> _WORK INSTRUCTIONS_
Look for the word "WrapType" in the data below, and copy every line that holds it.
....
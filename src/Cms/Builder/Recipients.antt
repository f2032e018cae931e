-- ===== src/Cms/Builder/Recipients.antt =====
-- cms/enveloped_data_builder.rs: the recipients that are added to a builder of messages.
use qubitcrypt.Prelude.{not, Option, [], ◌∷◌, ◌++◌, if◌then◌else◌}
use qubitcrypt.Outcome.{ok, err, invalid_certificate}
use qubitcrypt.Effect.{Eff, pure, after}
use qubitcrypt.Kem.Trait as Kem
use qubitcrypt.Kem.Manager.{kem_manager}
use qubitcrypt.Certificate.{Certificate, is_key_encipherment_enabled}
use qubitcrypt.Kdf as Kdf
use qubitcrypt.Kdf.{KdfType}
use qubitcrypt.Wrap as Wrap
use qubitcrypt.Wrap.{WrapType}
use qubitcrypt.Cms.{Crypto, x509}
use qubitcrypt.Cms.Kemri.{KemRecipientInfoBuilder, Octets}
use qubitcrypt.Cms.Kemri as Kemri
use qubitcrypt.Cms.Builder.{Done, Foreign, EnvelopedDataBuilder}

module _ {W R : Type 0} (e : Crypto W R) where
  abbrev pub push_kem : KemRecipientInfoBuilder e → EnvelopedDataBuilder e → EnvelopedDataBuilder e
  push_kem r b = record {
    originator_info = b.originator_info;
    plaintext = b.plaintext;
    cea_type = b.cea_type;
    unprotected_attributes = b.unprotected_attributes;
    auth_attributes = b.auth_attributes;
    kemri_builders = b.kemri_builders ++ (r ∷ []);
    kek_builders = b.kek_builders;
    ktri_builders = b.ktri_builders;
    kari_builders = b.kari_builders;
    pwri_builders = b.pwri_builders;
    ori_builders = b.ori_builders;
    is_auth_enveloped = b.is_auth_enveloped;
  }

  unfoldable pub kem_recipient :
      Certificate → KdfType → WrapType → Option (Octets e) → Eff (EnvelopedDataBuilder e) Done
  unfolding is_key_encipherment_enabled Kdf.get_oid Wrap.get_oid Kem.new_from_oid kem_manager
      Kemri.new
  kem_recipient cert kdf wrap_type ukm b =
      if not (is_key_encipherment_enabled (x509 e) cert)
      then (err invalid_certificate, b)
      else after (pure (Kem.new_from_oid kem_manager cert.public_key_oid) b) (λ kem b.
        (ok tt, push_kem (Kemri.new e cert kem (Kdf.get_oid kdf) (Wrap.get_oid wrap_type) ukm) b))

  unfoldable pub kek_recipient : Foreign e → Eff (EnvelopedDataBuilder e) Done
  kek_recipient r b = (
    ok tt,
    record {
      originator_info = b.originator_info;
      plaintext = b.plaintext;
      cea_type = b.cea_type;
      unprotected_attributes = b.unprotected_attributes;
      auth_attributes = b.auth_attributes;
      kemri_builders = b.kemri_builders;
      kek_builders = b.kek_builders ++ (r ∷ []);
      ktri_builders = b.ktri_builders;
      kari_builders = b.kari_builders;
      pwri_builders = b.pwri_builders;
      ori_builders = b.ori_builders;
      is_auth_enveloped = b.is_auth_enveloped;
    },
  )

  unfoldable pub ktri_recipient : Foreign e → Eff (EnvelopedDataBuilder e) Done
  ktri_recipient r b = (
    ok tt,
    record {
      originator_info = b.originator_info;
      plaintext = b.plaintext;
      cea_type = b.cea_type;
      unprotected_attributes = b.unprotected_attributes;
      auth_attributes = b.auth_attributes;
      kemri_builders = b.kemri_builders;
      kek_builders = b.kek_builders;
      ktri_builders = b.ktri_builders ++ (r ∷ []);
      kari_builders = b.kari_builders;
      pwri_builders = b.pwri_builders;
      ori_builders = b.ori_builders;
      is_auth_enveloped = b.is_auth_enveloped;
    },
  )

  unfoldable pub kari_recipient : Foreign e → Eff (EnvelopedDataBuilder e) Done
  kari_recipient r b = (
    ok tt,
    record {
      originator_info = b.originator_info;
      plaintext = b.plaintext;
      cea_type = b.cea_type;
      unprotected_attributes = b.unprotected_attributes;
      auth_attributes = b.auth_attributes;
      kemri_builders = b.kemri_builders;
      kek_builders = b.kek_builders;
      ktri_builders = b.ktri_builders;
      kari_builders = b.kari_builders ++ (r ∷ []);
      pwri_builders = b.pwri_builders;
      ori_builders = b.ori_builders;
      is_auth_enveloped = b.is_auth_enveloped;
    },
  )

  unfoldable pub pwri_recipient : Foreign e → Eff (EnvelopedDataBuilder e) Done
  pwri_recipient r b = (
    ok tt,
    record {
      originator_info = b.originator_info;
      plaintext = b.plaintext;
      cea_type = b.cea_type;
      unprotected_attributes = b.unprotected_attributes;
      auth_attributes = b.auth_attributes;
      kemri_builders = b.kemri_builders;
      kek_builders = b.kek_builders;
      ktri_builders = b.ktri_builders;
      kari_builders = b.kari_builders;
      pwri_builders = b.pwri_builders ++ (r ∷ []);
      ori_builders = b.ori_builders;
      is_auth_enveloped = b.is_auth_enveloped;
    },
  )

  unfoldable pub ori_recipient : Foreign e → Eff (EnvelopedDataBuilder e) Done
  ori_recipient r b = (
    ok tt,
    record {
      originator_info = b.originator_info;
      plaintext = b.plaintext;
      cea_type = b.cea_type;
      unprotected_attributes = b.unprotected_attributes;
      auth_attributes = b.auth_attributes;
      kemri_builders = b.kemri_builders;
      kek_builders = b.kek_builders;
      ktri_builders = b.ktri_builders;
      kari_builders = b.kari_builders;
      pwri_builders = b.pwri_builders;
      ori_builders = b.ori_builders ++ (r ∷ []);
      is_auth_enveloped = b.is_auth_enveloped;
    },
  )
....
> _EXERCISE RESULT_
use qubitcrypt.Wrap.{WrapType}
      Certificate → KdfType → WrapType → Option (Octets e) → Eff (EnvelopedDataBuilder e) Done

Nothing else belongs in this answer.